The war has to end at some stage. Trump seems to be exploring an off-ramp, as they say. Iran is rejecting talks at this stage. For Iran, this is an existential struggle. It cannot place trust in any peace agreement with Trump because twice now the US has engaged with Iran in negotiations, and twice during their course the US has attacked Iran. The US and Israel have made it clear that they want to get rid of the clerical regime in Iran. For those who hold power in Iran, including the IRGC, this means the US acquiring control over Iran’s resources and foreign policy and Israel exercising unchallenged hegemony over the region in the future with US backing.

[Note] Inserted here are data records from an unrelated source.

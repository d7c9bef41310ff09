-- ===== src/Operations/Lifecycle/Steps.antt =====
-- The statements on the queue as steps between tables: those of operations.go and runner.go in
-- internal/gateway/operations, of internal/admin/gateway_operation_service.go, of the manual run in
-- internal/admin/redemption_sync_handler.go, and of the request that redeems a code in
-- internal/auth/handler.go. The conditions of a step stand with its constructor.
use brevyn_cloud.Base.{
  ℕ, ◌≤◌, ◌≡◌, refl, true, false, ◌⊎◌, inl, inr, Text, arith, Bool-cases, All, All-map, is_none,
}
use brevyn_cloud.Errors.{Info}
use brevyn_cloud.Operations.{
  Operation, Queue, CreateFailedInput, create_redemption_sync, ensure_redemption_sync,
  ensure_gateway_provision, create_failed, mark_succeeded, mark_failed, succeed, fail,
}
use brevyn_cloud.Operations.Ids.{ids-update_where}
use brevyn_cloud.Operations.Runner.{
  OperationRecord, Outcome, requeue_stale_running, is_claimable, is_running, claim_next,
  process_claimed,
}
use brevyn_cloud.Operations.Admin.{
  retry, retry_failed, take_manually, start_manual_run, increment_attempt, fail_outside_worker,
}
use brevyn_cloud.Operations.Lifecycle.Queues.{
  with_rows, QueueValid, insert-QueueValid, rows-QueueValid, ids-claim_next, ids-process_claimed,
  requeue_stale-QueueValid, requeue_rows-QueueValid, retry_rows, ids-increment_attempt,
  create_failed-QueueValid,
}
use brevyn_cloud.Operations.Lifecycle.{
  IsLive, IsCurrent, is_done, claim_next-AllLive, process_claimed-AllLive, new_row-IsLive, HasLeft,
  increment_attempt-AllLive, start_manual_run-AllLive, fail_outside_worker-AllLive,
  mark_succeeded-AllLive,
}

-- One statement on the queue: a request or an administrator creates an operation, a worker
-- requeues stale rows, claims a row or finishes a claim, an administrator retries or takes a row by
-- hand, and the request that redeems a code, or the manual run, counts its attempt and settles the
-- row. Where only the API key is missing, the failure is one that can pass, and is written the same
-- way. A claim is finished while no attempt at the row was counted since. Outside the worker a row is
-- taken by hand while it has an attempt left, an attempt is counted while there is another after it,
-- and a failure that can pass is written while the row has an attempt left.
pub data Step : Queue → Queue → Type 0 where
  create :
      (fresh payload redemption : Text) (rid user now : ℕ) (q : Queue)
      → Step q (create_redemption_sync fresh payload rid redemption user now q).1
  ensure :
      (fresh redemption : Text) (rid user now : ℕ) (q : Queue)
      → Step q (ensure_redemption_sync fresh rid redemption user now q).1
  provision :
      (fresh payload user_public_id : Text) (user group now : ℕ) (q : Queue)
      → Step q (ensure_gateway_provision fresh payload user user_public_id group now q).1
  record_failure :
      (fresh : Text) (input : CreateFailedInput) (now : ℕ) (q : Queue)
      → Step q (create_failed fresh input now q).1
  requeue_stale :
      (stale_after : ℕ) (text : Text) (clock now : ℕ) (q : Queue)
      → Step q (with_rows q (requeue_stale_running stale_after text clock now q.rows))
  take :
      (worker : Text) (now : ℕ) (q : Queue) → Step q (with_rows q (claim_next worker now q.rows).1)
  finish :
      (r : OperationRecord) (outcome : Outcome) (clock now : ℕ) (q : Queue)
      → All (IsCurrent r) q.rows
      → Step q (with_rows q (process_claimed r outcome clock now q.rows))
  retry_one :
      (public_id : Text) (now : ℕ) (q : Queue) → Step q (with_rows q (retry public_id now q.rows).1)
  take_by_hand :
      (public_id : Text) (now : ℕ) (q : Queue)
      → HasLeft 0 public_id q.rows
      → Step q (with_rows q (start_manual_run public_id now q.rows))
  count :
      (public_id : Text) (now : ℕ) (q : Queue)
      → HasLeft 1 public_id q.rows
      → Step q (with_rows q (increment_attempt public_id now q.rows))
  settle_failed :
      (public_id : Text) (info : Info) (clock now : ℕ) (q : Queue)
      → (info.retryable ≡ true → HasLeft 0 public_id q.rows)
      → Step q (with_rows q (fail_outside_worker public_id info clock now q.rows))
  settle_succeeded :
      (public_id result : Text) (now : ℕ) (q : Queue)
      → Step q (with_rows q (mark_succeeded public_id result now q.rows))
  retry_all : (now : ℕ) (q : Queue) → Step q (with_rows q (retry_failed now q.rows))

-- Any number of statements.
pub data Reach (q : Queue) : Queue → Type 0 where
  here : Reach q q
  next : {r s : Queue} → Reach q r → Step r s → Reach q s

Step-QueueValid : {q q' : Queue} → Step q q' → QueueValid q → QueueValid q'
unfolding create_redemption_sync ensure_redemption_sync ensure_gateway_provision retry_failed
    start_manual_run take_manually fail_outside_worker mark_failed fail mark_succeeded succeed
Step-QueueValid (create fresh payload redemption rid user now q) h =
    insert-QueueValid _ now q (new_row-IsLive _ _ now refl (λ e. cc) (λ e. cc)) h
Step-QueueValid (ensure fresh redemption rid user now q) h =
    insert-QueueValid _ now q (new_row-IsLive _ _ now refl (λ e. cc) (λ e. cc)) h
Step-QueueValid (provision fresh payload user_public_id user group now q) h =
    insert-QueueValid _ now q (new_row-IsLive _ _ now refl (λ e. cc) (λ e. cc)) h
Step-QueueValid (record_failure fresh input now q) h = create_failed-QueueValid fresh input now q h
Step-QueueValid (requeue_stale stale_after text clock now q) h =
    requeue_stale-QueueValid stale_after text clock now q h
Step-QueueValid (take worker now q) h =
    rows-QueueValid q _ (ids-claim_next worker now q.rows)
      (claim_next-AllLive worker now q.rows h.keys.distinct h.live) h
Step-QueueValid (finish r outcome clock now q current) h =
    rows-QueueValid q _ (ids-process_claimed r outcome clock now q.rows)
      (process_claimed-AllLive r outcome clock now q.rows current h.live) h
Step-QueueValid (retry_one public_id now q) h = elim (retry_rows public_id now q.rows) [
  | inl e ↦ rw e h
  | inr e ↦ rw e (requeue_rows-QueueValid _ now q h)
]
Step-QueueValid (take_by_hand public_id now q left) h =
    rows-QueueValid q _ (ids-update_where _ _ q.rows (λ x. refl))
      (start_manual_run-AllLive public_id now q.rows h.live left) h
Step-QueueValid (count public_id now q left) h =
    rows-QueueValid q _ (ids-increment_attempt public_id now q.rows)
      (increment_attempt-AllLive public_id now q.rows h.live left) h
Step-QueueValid (settle_failed public_id info clock now q left) h =
    rows-QueueValid q _ (ids-update_where _ _ q.rows (λ x. refl))
      (fail_outside_worker-AllLive public_id now q.rows h.live info clock left) h
Step-QueueValid (settle_succeeded public_id result now q) h =
    rows-QueueValid q _ (ids-update_where _ _ q.rows (λ x. refl))
      (mark_succeeded-AllLive public_id now q.rows h.live result) h
Step-QueueValid (retry_all now q) h = requeue_rows-QueueValid _ now q h

-- Along any sequence of these steps a valid table stays valid: every attempt is within its bound,
-- exactly the running rows are locked, and a failed or pending row has an attempt left. A worker
-- finishes a claim only while no attempt at its row was counted since and its maximum was not
-- lowered; and outside the worker a row is taken by hand, or a failure that can pass is written, only
-- while the row has an attempt left, and the request that redeems a code counts its attempt only
-- while there is another left after it.
pub Reach-QueueValid : {q q' : Queue} → Reach q q' → QueueValid q → QueueValid q'
Reach-QueueValid here h = h
Reach-QueueValid (next r step) h = Step-QueueValid step (Reach-QueueValid r h)

-- Where a row can go from here.
abbrev pub HasFuture : Operation → Type 0
HasFuture op =
    (is_done op.status ≡ true)
    ⊎ ((is_running op.status ≡ true) × (is_none op.locked_at ≡ false))
    ⊎ ((t : ℕ) → op.next_run_at ≤ t → is_claimable t op ≡ true)

IsLive-HasFuture : (op : Operation) → IsLive op → HasFuture op
unfolding is_claimable
IsLive-HasFuture op h = elim (Bool-cases (is_done op.status)) [
  | inl over ↦ inl over
  | inr open_still ↦ elim (Bool-cases (is_running op.status)) [
    | inl busy ↦ inr (inl (busy, ground arith))
    | inr idle ↦ inr (inr (λ t due. ground arith))
  ]
]

-- No operation is left behind: after any sequence of these steps from a valid table every row is
-- finished, or is running under a lock that `requeueStaleRunning` can find, or is claimable from its
-- time on. A worker finishes a claim only while no attempt at its row was counted since and its
-- maximum was not lowered; and outside the worker a row is taken by hand, or a failure that can pass
-- is written, only while the row has an attempt left, and the request that redeems a code counts its
-- attempt only while there is another left after it.
pub no_operation_left_behind : {q q' : Queue} → Reach q q' → QueueValid q → All HasFuture q'.rows
no_operation_left_behind r h = All-map _ _ _ IsLive-HasFuture (Reach-QueueValid r h).live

The stakes are very high on both sides. The US cannot accept defeat, and neither can Iran. The question is who has greater staying power.
For India, a prolonged conflict would be most costly. Sustained high oil and gas prices would have an impact not only on the economy but also entail social costs. The dynamism of our growing ties with the Gulf countries, where we have vital interests, will be disturbed. The model of growth and development. and the technological future of the Gulf countries, especially the UAE, in partnership with India, will be called into question. India will find it challenging to maintain a balance between our ties with Israel, Iran, the GCC countries, and the US, with each of whom we have compelling interests.
Our presidency of BRICS this year will test our diplomacy even more than our very successful Presidency of the G20 did. Iran is a member of BRICS, and so are the UAE and Saudi Arabia. How will we be able to build some consensus language that is acceptable to both sides? Russia and China, both permanent members of the Security Council, have diplomatic and economic cards to play that India does not have. India’s relations with the US, which has triggered this war, have a different political complexion than those of Russia and China. We will have to consult closely with Russia, China, Brazil, South Africa, Egypt, and Indonesia to draft a consensus, which we will no doubt do.
This unwanted war presents unwanted disruptions of our ties with West Asia.